Description of problem: The Openshift API server maintains a cache used to scope project list and watch requests to namespaces that are visible to the requesting user. A periodic task runs in each openshift-apiserver process and updates the cache when namespaces, roles, rolebindings, clusterroles, or clusterrolebindings change. The cache can be updated in parts when a namespace, role, or rolebinding changes because the effect of these resources is limited to specific namespaces. Changes to clusterroles and clusterrolebindings perform a full invalidation, since they may impact any or all namespaces.

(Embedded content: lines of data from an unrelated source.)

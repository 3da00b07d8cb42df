-- ===== src/Checks/Publishing.antt =====
-- The theorems on the sandbox's events, at concrete inputs.
use webhook_idp.Common.{
  ℕ, ◌≡◌, refl, subst, true, false, Option, none, some, List, [], ◌∷◌, ◌++◌, arith, Bool-cases, inl,
  inr, if◌then◌else◌, not,
}
use webhook_idp.Common.Text.{Text, txt, ◌===◌, is_blank}
use webhook_idp.Common.Exec.{ok}
use webhook_idp.Ingestion.Inbox.{
  Json, null, boolean, number, string, array, object, Fields, no_fields, field, is_missing,
  is_json_object, tenant_id_from_string, event_type_from_string,
}
use webhook_idp.Ingestion.Store.{mongo_repository, is_some, mongo_upsert, to_document}
use webhook_idp.Ingestion.Runtime.{Validators, ack, handle_message, property}
use webhook_idp.Sandbox.{
  EventEnvelope, Sent, Channel, World, create, create_event_dto, intercept, envelope_fields,
  publish, service_publish, event_id_of, allowed, demanded, assign, replace, append, truthy,
  is_truthy,
}
use webhook_idp.Sandbox.Validated.{IsChecking, IsEnvelope, IsTaken}
use webhook_idp.Sandbox.Posted.{IsPosted, message_of, create-IsPosted}
use webhook_idp.Sandbox.Delivered.{published-ingested}
use webhook_idp.Checks.Deliveries.{sample_collection, lookup, worker}

abbrev as_string : Json → Option Text
as_string (string t) = some t
as_string _ = none

-- Any text that is not blank is taken for a UUID.
abbrev as_uuid : Json → Option Text
as_uuid (string t) = if is_missing t then none else some t
as_uuid _ = none

abbrev as_object : Json → Option Json
as_object (object o) = some (object o)
as_object _ = none

abbrev checks : Validators
checks = record { is_string = as_string; is_uuid = as_uuid; is_object = as_object }

uuid_cases : (j : Json) (t : Text) → as_uuid j ≡ some t → (j ≡ string t) × (is_missing t ≡ false)
uuid_cases (string s) t h = elim (Bool-cases (is_missing s)) [
  | inl blank ↦ absurd (ground arith)
  | inr there ↦ (ground arith, ground arith)
]
uuid_cases null t h = absurd (ground arith)
uuid_cases (boolean b) t h = absurd (ground arith)
uuid_cases (number n) t h = absurd (ground arith)
uuid_cases (array js) t h = absurd (ground arith)
uuid_cases (object fs) t h = absurd (ground arith)

string_cases : (j : Json) (t : Text) → as_string j ≡ some t → j ≡ string t
string_cases (string s) t h = ground arith
string_cases null t h = absurd (ground arith)
string_cases (boolean b) t h = absurd (ground arith)
string_cases (number n) t h = absurd (ground arith)
string_cases (array js) t h = absurd (ground arith)
string_cases (object fs) t h = absurd (ground arith)

object_cases : (j p : Json) → as_object j ≡ some p → (j ≡ p) × (is_json_object p ≡ true)
unfolding is_json_object
object_cases (object o) p h =
    let same : object o ≡ p = cc h in (same, subst (λ x. is_json_object x ≡ true) same refl)
object_cases null p h = absurd (ground arith)
object_cases (boolean b) p h = absurd (ground arith)
object_cases (number n) p h = absurd (ground arith)
object_cases (array js) p h = absurd (ground arith)
object_cases (string s) p h = absurd (ground arith)

checks-IsChecking : IsChecking checks
checks-IsChecking = record {
  string-accepted = λ t. refl;
  string-kept = string_cases;
  uuid-string = λ j t h. (uuid_cases j t h).0;
  uuid-present = λ j t h. (uuid_cases j t h).1;
  object-kept = λ j p h. (object_cases j p h).0;
  object-IsObject = λ j p h. (object_cases j p h).1;
}

-- A broker with one queue.
abbrev one_queue : Channel
one_queue = record {
  State = List Sent;
  messages = λ queued queue. queued;
  send_to_queue = λ queue sent queued. (ok tt, queued ++ sent ∷ []);
  accepts = λ queue sent queued h. refl;
}

-- What is posted: no correlation id, and an event id that is not kept.
abbrev posted_fields : Fields
posted_fields = field (txt "eventId") (string (txt "mine")) (
    field (txt "tenantId") (string (txt "t")) (
      field (txt "eventType") (string (txt "order"))
        (field (txt "payload") (object no_fields) no_fields)))

abbrev posted : Json
posted = object posted_fields

abbrev sandbox : World (List Sent)
sandbox = record { channel = []; randoms = λ n. txt "u"; drawn = 0 }

-- The printed text stands for what was printed.
abbrev print : Json → Text
print j = txt "x"

random-present : (n : ℕ) → is_missing (sandbox.randoms n) ≡ false
unfolding is_missing is_blank txt
random-present n = refl

create-IsPosted_example : IsPosted checks print one_queue (txt "q") (txt "idp") posted sandbox
unfolding create service_publish publish event_id_of intercept create_event_dto allowed demanded
    assign replace append truthy is_truthy property is_missing is_blank txt ◌===◌
create-IsPosted_example =
    create-IsPosted checks print one_queue (txt "q") (txt "idp") posted sandbox true
      checks-IsChecking random-present refl

abbrev published : EventEnvelope
published = record {
  event_id = none;
  correlation_id = some (txt "u");
  tenant_id = txt "t";
  event_type = txt "order";
  payload = object no_fields;
}

published-IsEnvelope : IsEnvelope checks published
unfolding is_missing is_blank txt is_json_object
published-IsEnvelope = record {
  no_event_id = refl;
  correlation = txt "u";
  correlated = refl;
  valid = refl;
  present = refl;
  payload = refl;
  is_object = refl;
}

-- The message carries the correlation id that was made first, and the event id that was made next.
queued-sent :
    (create print one_queue (txt "q") (txt "idp") checks posted sandbox).1.channel
    ≡ message_of print published (txt "idp-u") ∷ []
unfolding create service_publish publish event_id_of intercept create_event_dto allowed demanded
    assign replace append truthy is_truthy property is_missing is_blank txt ◌===◌
queued-sent = refl

published-IsTaken : IsTaken posted_fields published
unfolding property is_truthy txt ◌===◌
published-IsTaken = record {
  tenant_id = refl;
  event_type = refl;
  payload = refl;
  correlation = λ there. absurd (ground (arith, there));
}

abbrev queued : IsPosted checks print one_queue (txt "q") (txt "idp") posted sandbox
unfolding txt
queued = record {
  dto = published;
  envelope = published-IsEnvelope;
  posted = posted_fields;
  is_posted = refl;
  taken = published-IsTaken;
  drawn = 1;
  sent = queued-sent;
}

abbrev parse_json : Text → Option Json
parse_json text = some (object (envelope_fields published (txt "idp-u")))

published-ingested_example :
    (handle_message checks parse_json
      (mongo_repository sample_collection)
      (some (record { tag = 7; content = txt "x"; message_id = none }))
      worker).settled
    ≡ ack 7 ∷ []
unfolding tenant_id_from_string event_type_from_string is_missing is_blank txt mongo_upsert
    to_document
published-ingested_example =
    (published-ingested checks print parse_json one_queue (txt "q") (txt "idp")
      (mongo_repository sample_collection) posted sandbox queued
      (record { tag = 7; content = txt "x"; message_id = none }) worker (record { value = txt "t" })
      (record { value = txt "order" }) checks-IsChecking refl refl refl refl
      (λ r db. (not (is_some (lookup db r.dedup_key.value)), refl))).0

Today, the cache sync task is always performing a full invalidation, which is particularly expensive on clusters with many namespaces. Version-Release number of selected component (if applicable): 4 How reproducible: Always Steps to Reproduce: It's difficult to observe directly, because the full invalidation still produces the correct behavior, but the secondary effect of increased CPU consumption in all openshift-apiserver processes is easy to observe. 1a. Create 100 namespaces (not necessary, but it makes the effect more obvious). 1b. Repeatedly update a namespace about once per second (suggest patching an annotation with a current timestamp as the value). $ while true; do sleep 1; kubectl annotate namespace default --overwrite "timestamp=$(date)"; done 3. While continuing to update the namespace, monitor the CPU utilization metrics for openshift-apiserver. rate(container_cpu_usage_seconds_total{namespace="openshift-apiserver",container="openshift-apiserver"}[1m]) Actual results: Significant cpu utilization increase over idle. At least doubling, and I see about a 6-7x increase on a cluster with 1000 namespaces. Expected results: Little or no cpu utilization change.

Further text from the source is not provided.